In 1996, a ragtag group of Albanian nationalists calling themselves the Kosovo Liberation Army (KLA) began attacking the Yugoslav Army (Vojska Jugoslavije; VJ) and the Serbian Ministry of Internal Affairs (Ministarstvo unutrašnjih poslova; MUP) in Kosovo. Their goal was to separate the province from the rest of Yugoslavia, which following the separation of Slovenia, Croatia, Macedonia and Bosnia-Herzegovina in 1991–92, became a rump federation made up of Serbia and Montenegro. At first the KLA carried out hit-and-run attacks: 31 in 1996, 55 in 1997, and 66 in January and February 1998 alone. The group quickly gained popularity among young Kosovo Albanians, many of whom favored a more aggressive approach and rejected the non-violent resistance of politician Ibrahim Rugova. It received a significant boost in 1997 when civil unrest in neighboring Albania led to thousands of weapons from the Albanian Army's depots being looted. Many of these weapons ended up in the hands of the KLA. The group's popularity skyrocketed after the VJ and MUP attacked the compound of KLA leader Adem Jashari in March 1998, killing him, his closest associates and most of his extended family. The attack motivated thousands of young Kosovo Albanians to join the KLA, fueling the Kosovar uprising that eventually erupted in the spring of 1998.

== Attack ==
On August 14, the Kobra unit orchestrated the evacuation of civilians and numerous wounded individuals from Junik, situated between the villages of Gjocaj and Jasiq. Under the leadership of Agim Ramadani, the unit meticulously cleared the mined road for evacuation after every conceivable route had been booby-trapped. Agim Ramadani devised and executed another Operation the following day.
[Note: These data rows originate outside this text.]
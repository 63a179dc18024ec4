-- ===== src/Trip/Effects.antt =====
-- What `Solved::append` returns.
use routers.Common.{ℕ, ◌<◌, ◌≡◌, refl, length, as_u32}
use routers.Common.Outcome.{ok, err}
use routers.Trellis.Types.{TrellisError}
use routers.Trellis.Effects.{grown, add_layer_lem, add_layer_empty}
use routers.Trip.Solved.{Solved, append}

pub append_lem :
    (width : ℕ) (s : Solved)
    → 0 < width
    → append width s ≡ ok (grown width s.trellis, as_u32 (length s.trellis.widths))
unfolding append
append_lem width s h = rw (add_layer_lem width s.trellis h, append) refl

pub append_empty :
    (s : Solved)
    → append 0 s ≡ err (s, TrellisError.zero_width_layer (as_u32 (length s.trellis.widths)))
unfolding append
append_empty s = rw (add_layer_empty s.trellis, append) refl
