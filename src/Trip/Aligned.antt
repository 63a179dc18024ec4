-- ===== src/Trip/Aligned.antt =====
-- libs/routers_transition/src/matcher/trip.rs: the origins, the candidates and the trellis of a trip
-- speak of the same layers, whatever is pushed and cut.
use routers.Common.{
  ℕ, zero, suc, ◌<◌, ◌≡◌, refl, ap, ap₂, ◌∙◌, sym, List, [], ◌∷◌, ◌++◌, map, some, arith, min,
  length, get_elem?, u32_mod, as_u32, as_u32_of_lt, subst, length-append, length-map,
  get_elem?-append, le→ltb,
}
use routers.Common.Outcome.{Outcome, ok, err, panic, Safe}
use routers.Trellis.Types.{LayerId, TrellisError, max_weight}
use routers.Trellis.Graph.{Trellis}
use routers.Trellis.Edit.{check_nodes}
use routers.Trellis.Valid.{IsValid, add_layer-Safe, fill_nodes-Safe, new-Safe}
use routers.Trip.Store.{Candidate, restamp, relabel}
use routers.Trip.Phase.{TripState, empty, building, solved, grow}
use routers.Trip.State.{Origin, Trip, push_layer, land, stamp, emission_weight}
use routers.Trellis.Effects.{
  grown, new_lem, new_empty, add_layer_empty, add_layer_lem, fill_nodes_lem,
}
use routers.Trip.Effects.{append_lem, append_empty}

module _ {Edge Point : Type 0} where
  -- A trellis whose layers are as wide as the layers of candidates.
  pub record Mirrors (t : Trellis) (layers : List (List (Candidate Edge Point))) : Type 0 where
    pub valid : IsValid t
    pub widths_eq : t.widths ≡ map length layers

  -- The trellis of a state, if it has one, mirrors the candidates; a trip without one has no layers.
  abbrev pub StateMirrors : TripState → List (List (Candidate Edge Point)) → Type 0
  StateMirrors empty layers = layers ≡ []
  StateMirrors (building t) layers = Mirrors t layers
  StateMirrors (solved s) layers = Mirrors s.trellis layers

  pub record IsAligned (trip : Trip Edge Point) : Type 0 where
    pub paired : length trip.candidates.layers ≡ length trip.origins
    pub mirrored : StateMirrors trip.state trip.candidates.layers

  map_append :
      (xss yss : List (List (Candidate Edge Point)))
      → map length (xss ++ yss) ≡ map length xss ++ map length yss
  map_append [] yss = refl
  map_append (xs ∷ xss) yss = ap (λ ns. length xs ∷ ns) (map_append xss yss)

  pub length-stamp :
      (l i : ℕ) (cs : List (Candidate Edge Point)) → length (stamp l i cs) ≡ length cs
  unfolding stamp
  length-stamp l i [] = refl
  length-stamp l i (c ∷ cs) = ap suc (length-stamp l (suc i) cs)

  pub emissions_small :
      (cs : List (Candidate Edge Point)) → check_nodes (map emission_weight cs) ≡ ok tt
  emissions_small [] = refl
  emissions_small (c ∷ cs) =
      rw (le→ltb max_weight (min c.emission max_weight) (omega arith)) (emissions_small cs)

  pub widths-restamp :
      (i : ℕ) (layers : List (List (Candidate Edge Point)))
      → map length (restamp i layers) ≡ map length layers
  unfolding restamp
  widths-restamp i [] = refl
  widths-restamp i (cs ∷ rest) =
      ap₂ ◌∷◌ (length-map (relabel (as_u32 i)) cs) (widths-restamp (suc i) rest)

  -- What `grow` gives: a valid trellis with one more layer, or an error for a layer of no candidates.
  abbrev pub GrowsTo :
      ℕ
      → List (List (Candidate Edge Point))
      → Outcome (TrellisError × TripState) (Trellis × LayerId)
      → Type 0
  GrowsTo width layers (ok (t, l)) =
      IsValid t × (t.widths ≡ map length layers ++ (width ∷ [])) × (l ≡ length layers)
  GrowsTo width layers (err r) = width ≡ 0
  GrowsTo width layers panic = ⊥

  grown-GrowsTo :
      (width : ℕ) (t : Trellis) (layers : List (List (Candidate Edge Point)))
      → 0 < width
      → width < u32_mod
      → length layers < u32_mod
      → Mirrors t layers
      → GrowsTo width layers (ok (grown width t, as_u32 (length t.widths)))
  grown-GrowsTo width t layers some_node word small m =
      let count : length t.widths ≡ length layers =
        ap length m.widths_eq ∙ length-map length layers in
      (
        subst (Safe (λ (r : Trellis × LayerId). IsValid r.0)) (add_layer_lem width t some_node)
            (add_layer-Safe width t word m.valid),
        ap (λ ws. ws ++ (width ∷ [])) m.widths_eq,
        as_u32_of_lt (length t.widths) (omega (arith, count)) ∙ count,
      )

  pub grow-GrowsTo :
      (width : ℕ) (state : TripState) (layers : List (List (Candidate Edge Point)))
      → width < u32_mod
      → length layers < u32_mod
      → StateMirrors state layers
      → GrowsTo width layers (grow width state)
  grow-GrowsTo zero empty layers word small m = rw (new_empty, GrowsTo, grow) refl
  grow-GrowsTo zero (building t) layers word small m = rw (add_layer_empty t) refl
  grow-GrowsTo zero (solved s) layers word small m = rw (append_empty s) refl
  grow-GrowsTo (suc w) empty layers word small m =
      rw (new_lem (suc w) (omega arith), grow, GrowsTo)
        (
          subst (Safe IsValid) (new_lem (suc w) (omega arith))
              (new-Safe (suc w ∷ []) (word, tt) (omega arith)),
          ap (λ ls. map length ls ++ (suc w ∷ [])) (sym m),
          ap length (sym m),
        )
  grow-GrowsTo (suc w) (building t) layers word small m =
      rw (add_layer_lem (suc w) t (omega arith))
        (grown-GrowsTo (suc w) t layers (omega arith) word small m)
  grow-GrowsTo (suc w) (solved s) layers word small m =
      rw (append_lem (suc w) s (omega arith))
        (grown-GrowsTo (suc w) s.trellis layers (omega arith) word small m)

  -- What a push gives: an aligned trip with one more layer, or an error for a layer of no candidates.
  abbrev pub Pushed :
      Trip Edge Point
      → List (Candidate Edge Point)
      → Outcome (TrellisError × Trip Edge Point) (LayerId × Trip Edge Point)
      → Type 0
  Pushed trip cs (ok (id, after)) =
      IsAligned after
      × (id ≡ length trip.origins)
      × (length after.origins ≡ suc (length trip.origins))
  Pushed trip cs (err r) = cs ≡ []
  Pushed trip cs panic = ⊥

  -- On an aligned trip of fewer than 2^32 layers a push of fewer than 2^32 candidates does not panic.
  -- It fails only for a layer of no candidates; otherwise the trip is aligned, has one more layer, and
  -- the id of the new layer is the number of layers before.
  pub push_layer-Pushed :
      (origin : Origin Point) (cs : List (Candidate Edge Point)) (trip : Trip Edge Point)
      → IsAligned trip
      → length cs < u32_mod
      → length trip.origins < u32_mod
      → Pushed trip cs (push_layer origin cs trip)
  unfolding push_layer land
  push_layer-Pushed origin cs trip a word small = of_grown (grow (as_u32 (length cs)) trip.state) (
      subst (λ n. GrowsTo n trip.candidates.layers (grow (as_u32 (length cs)) trip.state))
        (as_u32_of_lt (length cs) word)
        (grow-GrowsTo (as_u32 (length cs)) trip.state trip.candidates.layers
          (omega (arith, as_u32_of_lt (length cs) word)) (omega (arith, a.paired)) a.mirrored))
    where
      nil_of_length : (xs : List (Candidate Edge Point)) → length xs ≡ 0 → xs ≡ []
      nil_of_length [] e = refl
      nil_of_length (x ∷ xs) e = absurd (omega arith)

      of_grown :
          (g : Outcome (TrellisError × TripState) (Trellis × LayerId))
          → GrowsTo (length cs) trip.candidates.layers g
          → Pushed trip cs (land origin cs trip g)
      of_grown panic h = absurd h
      of_grown (err r) h = nil_of_length cs h
      of_grown (ok (t, l)) (valid, widths_eq, place) =
          let stamped = stamp l 0 cs in
          let weights = map emission_weight stamped in
          let size : length weights ≡ length cs =
            length-map emission_weight stamped ∙ length-stamp l 0 cs in
          let at : get_elem? t.widths l ≡ some (length weights) =
            ap₂ get_elem? widths_eq (place ∙ sym (length-map length trip.candidates.layers))
            ∙ get_elem?-append (map length trip.candidates.layers) (length cs) []
            ∙ ap some (sym size) in
          let (nodes, filled, _) = fill_nodes_lem l weights t valid at (emissions_small stamped) in
          let valid' : IsValid (record t { nodes = nodes }) =
            subst (Safe IsValid) filled (fill_nodes-Safe l weights t valid) in
          rw (filled, land, Pushed)
            (
              record {
                paired = omega (
                  arith,
                  a.paired,
                  length-append trip.candidates.layers (stamped ∷ []),
                  length-append trip.origins (origin ∷ []),
                );
                mirrored = record {
                  valid = valid';
                  widths_eq =
                      widths_eq
                      ∙ ap (λ k. map length trip.candidates.layers ++ (k ∷ []))
                          (sym (length-stamp l 0 cs))
                      ∙ sym (map_append trip.candidates.layers (stamped ∷ []));
                };
              },
              place ∙ a.paired,
              omega (arith, length-append trip.origins (origin ∷ [])),
            )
On August 15, 1998, Agim Ramadani, the commander of the 138th Brigade of the Kosovo Liberation Army, orchestrated Operation "Eagle" with the objective of assaulting the Žilović police station and Yugoslav forces in Voksh and Sllup, in the Deçan Municipality. The operation was executed by 8 specialized KLA soldiers from the Kobra unit within the 138th Brigade, targeting a Yugoslav battalion. The well planned attack started at 9:30 am and ended by 9:37 am. Following the successful operation, the unit tactically withdrew, crossing the Yugoslav-Albanian border at 11:35 am. The KLA seized a substantial quantity of weapons during the assault. There were no casualties among the Kobra unit, while four Yugoslav policemen and two Yugoslav Soldiers were killed in the operation.

== List of the Yugoslav personnel killed in the attack ==

- Milorad Rađenović, Police Commander killed in Voksh.
- Zdravko Miskin, Policeman killed in Voksh.
- Dragoljub Šuković, Policeman killed in Voksh.
- Gojko Vojnović, Policeman killed in Voksh.
- Nikola Vujičić, Soldier killed in Voksh.
- Mišo Uboja, Soldier killed in Sllup.

== Aftermath ==
Agim Ramadani withdrew to the Yugoslav-Albanian border and immediately after the attack, on the same day, at 12:30 am, Yugoslav forces launched a large-scale operation in the Deçan area. The offensive involved 46 tanks, four military jets, and eight helicopter gunships. Additionally, a significant number of troops, transported on 20 trucks and various other vehicles, were deployed in the offensive against the Albanian villages. The operation spanned eight villages in Deçan and ended at 6 pm. In the following month on September 30, 1998, Agim Ramadani initiated his second notable operation against Yugoslav forces. This operation, named "Operation Fenix", would simultaneously become his most renowned attack on Yugoslav forces, further solidifying his strategic prowess and leaving a lasting mark in the conflict.